Department of the Treasury

The Department of the Treasury has proposed boosting the authorities of the Committee on Foreign Investment in the United States, which reviews foreign investment in U.S. businesses for national security concerns.

In a proposed rulemaking notice released on Thursday, the department said the changes would help CFIUS accomplish its national security mission while supporting the United States’ open investment policy.

The Treasury, which heads the interagency committee, recommended key improvements such as expanding the types of information that parties or persons should submit when dealing with CFIUS.

It also wants greater flexibility in the body’s subpoena authority, allowing CFIUS to secure information from sources not party to its ongoing transactions.

Such power would enable the committee to better evaluate national security risks linked with non-notified transactions, according to the draft rules.

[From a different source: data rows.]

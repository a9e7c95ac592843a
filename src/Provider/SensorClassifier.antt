-- ===== src/Provider/SensorClassifier.antt =====
-- data-provider/sensor_classifier.py: fixed and mobile sensors, by the spread of their readings. The
-- functions of Python's `math` are parameters.
pub mod Own
pub mod Tests
use radiation_tracking.Prelude.{
  ℕ, String, Bool, true, false, Option, none, some, List, [], ◌∷◌, str_eq, if◌then◌else◌,
}
use radiation_tracking.Python.{Number}

pub record Trigonometry (F : Type 0) : Type 0 where
  pub radians : F → F
  pub sin : F → F
  pub cos : F → F
  pub asin : F → F

pub data SensorType : Type 0 where
  fixed mobile : SensorType

pub record SensorState (F : Type 0) : Type 0 where
  pub min_lat : F
  pub max_lat : F
  pub min_lon : F
  pub max_lon : F
  pub is_mobile : Bool

module _ {F : Type 0} ⦃n : Number F⦄ where
  abbrev pub square : F → F
  square x = n.mul x x

  unfoldable pub haversine_m : Trigonometry F → F → F → F → F → F
  haversine_m m lat1 lon1 lat2 lon2 =
      let rlat1 = m.radians lat1 in
      let rlat2 = m.radians lat2 in
      let dlat = n.sub rlat2 rlat1 in
      let dlon = m.radians (n.sub lon2 lon1) in
      let two = n.of_ℕ 2 in
      let a =
        n.add (square (m.sin (n.div dlat two)))
          (n.mul (n.mul (m.cos rlat1) (m.cos rlat2)) (square (m.sin (n.div dlon two)))) in
      n.mul (n.mul two (n.of_ℕ 6371000)) (m.asin (n.sqrt a))

  unfoldable pub extend : SensorState F → F → F → SensorState F
  extend s lat lon = record {
    min_lat = if n.lt lat s.min_lat then lat else s.min_lat;
    max_lat =
        if n.lt lat s.min_lat then s.max_lat else if n.lt s.max_lat lat then lat else s.max_lat;
    min_lon = if n.lt lon s.min_lon then lon else s.min_lon;
    max_lon =
        if n.lt lon s.min_lon then s.max_lon else if n.lt s.max_lon lon then lon else s.max_lon;
    is_mobile = s.is_mobile;
  }

  unfoldable pub span_m : Trigonometry F → SensorState F → F
  unfolding haversine_m
  span_m m s = haversine_m m s.min_lat s.min_lon s.max_lat s.max_lon

-- `self._state.get(sensor_id)`
abbrev pub state_of : {F : Type 0} → String → List (String × SensorState F) → Option (SensorState F)
state_of k [] = none
state_of k ((j, s) ∷ rest) = let later = state_of k rest in if str_eq j k then some s else later

-- `self._state[sensor_id] = s`
abbrev pub set_state :
    {F : Type 0}
    → String
    → SensorState F
    → List (String × SensorState F)
    → List (String × SensorState F)
set_state k s [] = (k, s) ∷ []
set_state k s ((j, r) ∷ rest) =
    let later = set_state k s rest in if str_eq j k then (j, s) ∷ rest else (j, r) ∷ later

module _ {F : Type 0} ⦃n : Number F⦄ (m : Trigonometry F) (threshold_m : F) where
  -- The branches of `classify`: the sensor's state after the reading, and its label.
  unfoldable pub classify_one : Option (SensorState F) → F → F → SensorState F × SensorType
  classify_one none latitude longitude = (
    record {
      min_lat = latitude;
      max_lat = latitude;
      min_lon = longitude;
      max_lon = longitude;
      is_mobile = false;
    },
    fixed,
  )
  classify_one (some s) latitude longitude =
      let grown = extend s latitude longitude in
      if s.is_mobile
      then (s, mobile)
      else if n.lt threshold_m (span_m m grown)
      then (record grown { is_mobile = true }, mobile)
      else (grown, fixed)

  -- SensorClassifier.classify
  unfoldable pub classify_sensor :
      List (String × SensorState F) → String → F → F → List (String × SensorState F) × SensorType
  unfolding classify_one
  classify_sensor state sensor_id latitude longitude =
      let (s, sensor_type) = classify_one (state_of sensor_id state) latitude longitude in
      (set_state sensor_id s state, sensor_type)
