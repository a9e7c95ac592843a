-- ===== src/Provider/Reader.antt =====
-- data-provider/csv_reader.py. The file is what `csv.DictReader` makes of it: its header, if it has
-- one, and its rows; none where there is no file. `str.lower` is a parameter.
pub mod Sorting
pub mod Batches
mod Tests
use radiation_tracking.Prelude.{
  ℕ, ◌+◌, String, Bool, true, false, not, ◌&&◌, ◌||◌, Option, none, some, List, [], ◌∷◌, ◌++◌, map,
  length, ltb, leb, str_eq, if◌then◌else◌,
}
use radiation_tracking.Python.Text.{strip, text_lt, replace_spaces}
use radiation_tracking.Provider.Rows.{CsvRow, field_or, csv_field, set_field, normalise_ts}

abbrev pub File : Type 0
File = Option (Option (List String) × List CsvRow)

-- `_HEADER_ALIASES.get`
unfoldable pub header_alias : String → Option String
unfolding csv_field
header_alias name =
    csv_field
      (("captured_time", some "captured_at")
        ∷ ("captured_at", some "captured_at")
        ∷ ("uploaded_time", some "uploaded_at")
        ∷ ("uploaded_at", some "uploaded_at")
        ∷ ("latitude", some "latitude")
        ∷ ("longitude", some "longitude")
        ∷ ("value", some "value")
        ∷ ("unit", some "unit")
        ∷ ("location_name", some "location_name")
        ∷ ("device_id", some "device_id")
        ∷ ("sensor_id", some "sensor_id")
        ∷ ("md5sum", some "md5sum")
        ∷ ("height", some "height")
        ∷ ("surface", some "surface")
        ∷ ("loader_id", some "measurement_import_id")
        ∷ ("measurement_import_id", some "measurement_import_id")
        ∷ [])
      name

-- The test of one bound, which may be absent.
unfoldable pub before_start : Option String → String → Bool
before_start none ts = false
before_start (some start_ts) ts = text_lt ts (normalise_ts start_ts)

unfoldable pub after_end : Option String → String → Bool
after_end none ts = false
after_end (some end_ts) ts = text_lt (normalise_ts end_ts) ts

-- A row whose captured_at is missing or empty is kept.
unfoldable pub in_span_at : Option String → Option String → Option String → Bool
unfolding before_start after_end
in_span_at start_ts end_ts none = true
in_span_at start_ts end_ts (some raw) =
    if str_eq raw ""
    then true
    else not (before_start start_ts (normalise_ts raw)) && not (after_end end_ts (normalise_ts raw))

unfoldable pub in_span : Option String → Option String → CsvRow → Bool
unfolding in_span_at
in_span start_ts end_ts row = in_span_at start_ts end_ts (field_or row "captured_at" (some ""))

-- `_norm_header`
unfoldable pub norm_header : (String → String) → String → String
norm_header lower col = replace_spaces (lower (strip col))

-- `_build_rename_map`, from the columns that are left and the names found so far
unfoldable pub rename_from :
    (String → String) → List String → List (String × String) → List (String × String)
unfolding norm_header header_alias
rename_from lower [] rename = rename
rename_from lower (col ∷ cols) rename =
    rename_from lower cols (elim (header_alias (norm_header lower col)) [
      | none ↦ rename
      | some internal ↦ set_field rename col internal
    ])

unfoldable pub build_rename_map : (String → String) → List String → List (String × String)
unfolding rename_from
build_rename_map lower fieldnames = rename_from lower fieldnames []

unfoldable pub mentions : List (String × String) → String → Bool
mentions [] name = false
mentions ((src, internal) ∷ rename) name = str_eq internal name || mentions rename name

unfoldable pub pick_order_col : List (String × String) → String
unfolding mentions
pick_order_col rename = if mentions rename "uploaded_at" then "uploaded_at" else "captured_at"

-- `_filter_row`, from the columns that are left
unfoldable pub filter_from : CsvRow → List (String × String) → CsvRow → CsvRow
filter_from row [] kept = kept
filter_from row ((src, internal) ∷ rename) kept =
    filter_from row rename (set_field kept internal (field_or row src (some "")))

unfoldable pub filter_row : List (String × String) → CsvRow → CsvRow
unfolding filter_from
filter_row rename row = filter_from row rename []

-- `r.get(order_col) or ""`
abbrev pub text_or_empty : Option String → String
text_or_empty none = ""
text_or_empty (some s) = s

-- The sort key: whether the column is empty, then its text.
unfoldable pub sort_key : String → CsvRow → Bool × String
unfolding csv_field
sort_key order_col row =
    let text = text_or_empty (csv_field row order_col) in (str_eq text "", text)

unfoldable pub key_lt : Bool × String → Bool × String → Bool
key_lt (false, s) (true, t) = true
key_lt (true, s) (false, t) = false
key_lt (a, s) (b, t) = text_lt s t

-- `batch.sort(key=…)`: a stable sort.
unfoldable pub insert_row : String → CsvRow → List CsvRow → List CsvRow
insert_row order_col row [] = row ∷ []
insert_row order_col row (x ∷ xs) =
    let rest = insert_row order_col row xs in
    if key_lt (sort_key order_col x) (sort_key order_col row) then x ∷ rest else row ∷ x ∷ xs

unfoldable pub sort_batch : String → List CsvRow → List CsvRow
unfolding insert_row
sort_batch order_col [] = []
sort_batch order_col (row ∷ batch) = insert_row order_col row (sort_batch order_col batch)

-- The variables of the loop, with what it has yielded.
pub record Progress : Type 0 where
  pub skipped : ℕ
  pub batch : List CsvRow
  pub yielded : List CsvRow

module _ (batch_size skip_rows : ℕ) (start_ts end_ts : Option String) where
  -- One round of the loop.
  unfoldable pub read_row : List (String × String) → Progress → CsvRow → Progress
  unfolding sort_batch
  read_row rename p raw_row =
      let filtered = filter_row rename raw_row in
      let order_col = pick_order_col rename in
      let batch = p.batch ++ (filtered ∷ []) in
      if ltb p.skipped skip_rows
      then record p { skipped = p.skipped + 1 }
      else if not (in_span start_ts end_ts filtered)
      then p
      else if leb batch_size (length batch)
      then record p { batch = []; yielded = p.yielded ++ sort_batch order_col batch }
      else record p { batch = batch }

  unfoldable pub read_rows : List (String × String) → Progress → List CsvRow → Progress
  unfolding read_row
  read_rows rename p [] = p
  read_rows rename p (raw_row ∷ rows) = read_rows rename (read_row rename p raw_row) rows

  -- The loop, and the final partial batch.
  unfoldable pub stream_file : List (String × String) → List CsvRow → List CsvRow
  unfolding read_rows
  stream_file rename rows =
      let p = read_rows rename (record { skipped = 0; batch = []; yielded = [] }) rows in
      p.yielded ++ sort_batch (pick_order_col rename) p.batch

  -- All that the generator yields; none where it raises FileNotFoundError.
  unfoldable pub stream_rows : (String → String) → File → Option (List CsvRow)
  unfolding stream_file
  stream_rows lower none = none
  stream_rows lower (some (none, rows)) = some []
  stream_rows lower (some (some fieldnames, rows)) =
      some (stream_file (build_rename_map lower fieldnames) rows)
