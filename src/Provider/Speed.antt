-- ===== src/Provider/Speed.antt =====
-- The replay speed: `_parse_speed`, `_parse_uploaded_at` and `_apply_speed` of
-- data-provider/producer.py. `str.lower`, `math.isfinite` and `datetime.timestamp` are parameters.
pub mod Paced
pub mod Tests
use radiation_tracking.Prelude.{
  ℕ, String, Bool, true, false, not, ◌&&◌, ◌||◌, Option, none, some, str_eq, if◌then◌else◌, zero,
  suc, ◌==◌,
}
use Prim.Native.Char.{code}
use radiation_tracking.Python.{
  Number, Datetime, Result, ok, raise, or_raise, value_error, zero_division_error, ◌>>=◌,
}
use radiation_tracking.Python.Text.{strip}
use radiation_tracking.Flink.Timestamps.{pad_fraction}

pub data Speed (F : Type 0) : Type 0 where
  rate : F → Speed F
  multiplier : F → Speed F
  unthrottled : Speed F

-- `text.endswith("x")`
unfoldable pub ends_with_x : String → Bool
ends_with_x String.[] = false
ends_with_x (String.◌∷◌ c s) = if str_eq s "" then code c == 120 else ends_with_x s

-- `text[:-1]`
unfoldable pub without_last : String → String
without_last String.[] = ""
without_last (String.◌∷◌ c s) =
    let rest = without_last s in if str_eq s "" then "" else String.◌∷◌ c rest

module _ {F : Type 0} ⦃n : Number F⦄ (lower : String → String) (is_finite : F → Bool) where
  -- The last test: a positive finite number.
  unfoldable pub positive : F → Result F
  positive num = if not (is_finite num) || n.le num n.zero then raise value_error else ok num

  unfoldable pub parse_speed : String → Result (Speed F)
  unfolding positive ends_with_x without_last or_raise
  parse_speed value =
      let v = strip value in
      let multiplied = or_raise value_error (n.parse (without_last v)) >>= λ num.
      positive num >>= λ num. ok (multiplier num) in
      let fixed =
        or_raise value_error (n.parse v) >>= λ num. positive num >>= λ num. ok (rate num) in
      if str_eq (lower v) "max"
      then ok unthrottled
      else if ends_with_x (lower v)
      then multiplied
      else fixed

module _ {F : Type 0} ⦃n : Number F⦄ where
  -- `x / y`
  unfoldable pub divide : F → F → Result F
  divide x y = if n.le y n.zero && n.le n.zero y then raise zero_division_error else ok (n.div x y)

  abbrev pub capped_delay : F → Option F
  capped_delay scaled =
      let delay = if n.lt (n.of_ℕ 5) scaled then n.of_ℕ 5 else scaled in
      if n.lt n.zero delay then some delay else none

  -- The delay of the multiplier mode, over a gap of event time.
  unfoldable pub gap_sleep : F → Option F → Option F → Result (Option F)
  unfolding divide
  gap_sleep value (some current) (some prev) =
      let gap = n.sub current prev in
      let scaled = divide gap value in
      if n.lt n.zero gap then (do delay ← scaled; ok (capped_delay delay)) else ok none
  gap_sleep value _ _ = ok none

  -- `_apply_speed` up to `time.sleep`: the delay that it is called with, if it is; the upload time of
  -- the event is parsed already.
  unfoldable pub apply_speed : Speed F → Option F → Option F → Result (Option F)
  unfolding gap_sleep divide
  apply_speed unthrottled current prev = ok none
  apply_speed (rate value) current prev = do delay ← divide (n.of_ℕ 1) value; ok (some delay)
  apply_speed (multiplier value) current prev = gap_sleep value current prev

-- `timestamp` is none where it raises ValueError, as near the first year.
module _ {F D : Type 0} ⦃t : Datetime D⦄ (timestamp : D → Option F) where
  -- `datetime.fromisoformat(ts).timestamp()`
  abbrev pub epoch_of : Option D → Option F
  epoch_of none = none
  epoch_of (some d) = timestamp d

  -- The second attempt, with six fractional digits.
  unfoldable pub parse_fixed : String → String → Option F
  parse_fixed ts fixed = if str_eq fixed ts then none else epoch_of (t.fromisoformat fixed)

  abbrev or_fixed : Option F → Option F → Option F
  or_fixed none fixed = fixed
  or_fixed (some x) fixed = some x

  unfoldable pub parse_uploaded_at : Option String → Option F
  unfolding parse_fixed
  parse_uploaded_at none = none
  parse_uploaded_at (some ts) =
      let fixed = parse_fixed ts (pad_fraction ts) in
      if str_eq ts "" then none else or_fixed (epoch_of (t.fromisoformat ts)) fixed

The enhancements would help CFIUS “more effectively deter violations, promote compliance and swiftly address national security risks,” Assistant Treasury Secretary for Investment Security Paul Rosen said in a statement.

“These updates reflect lessons learned in the course of our monitoring, compliance and enforcement work,” he added.

J. Philip Ludvigson, a former director for CFIUS Monitoring and Enforcement, told the Associated Press that the draft regulations show the committee’s “increasingly aggressive posture in protecting national security.”

“CFIUS clearly intends to issue more and bigger penalties than ever before, using an enhanced subpoena authority wherever necessary,” noted Ludvigson, a partner at the law firm King & Spalding.

The Treasury said written comments on the notice from the public would be accepted over the next 30 days after the proposal’s publication.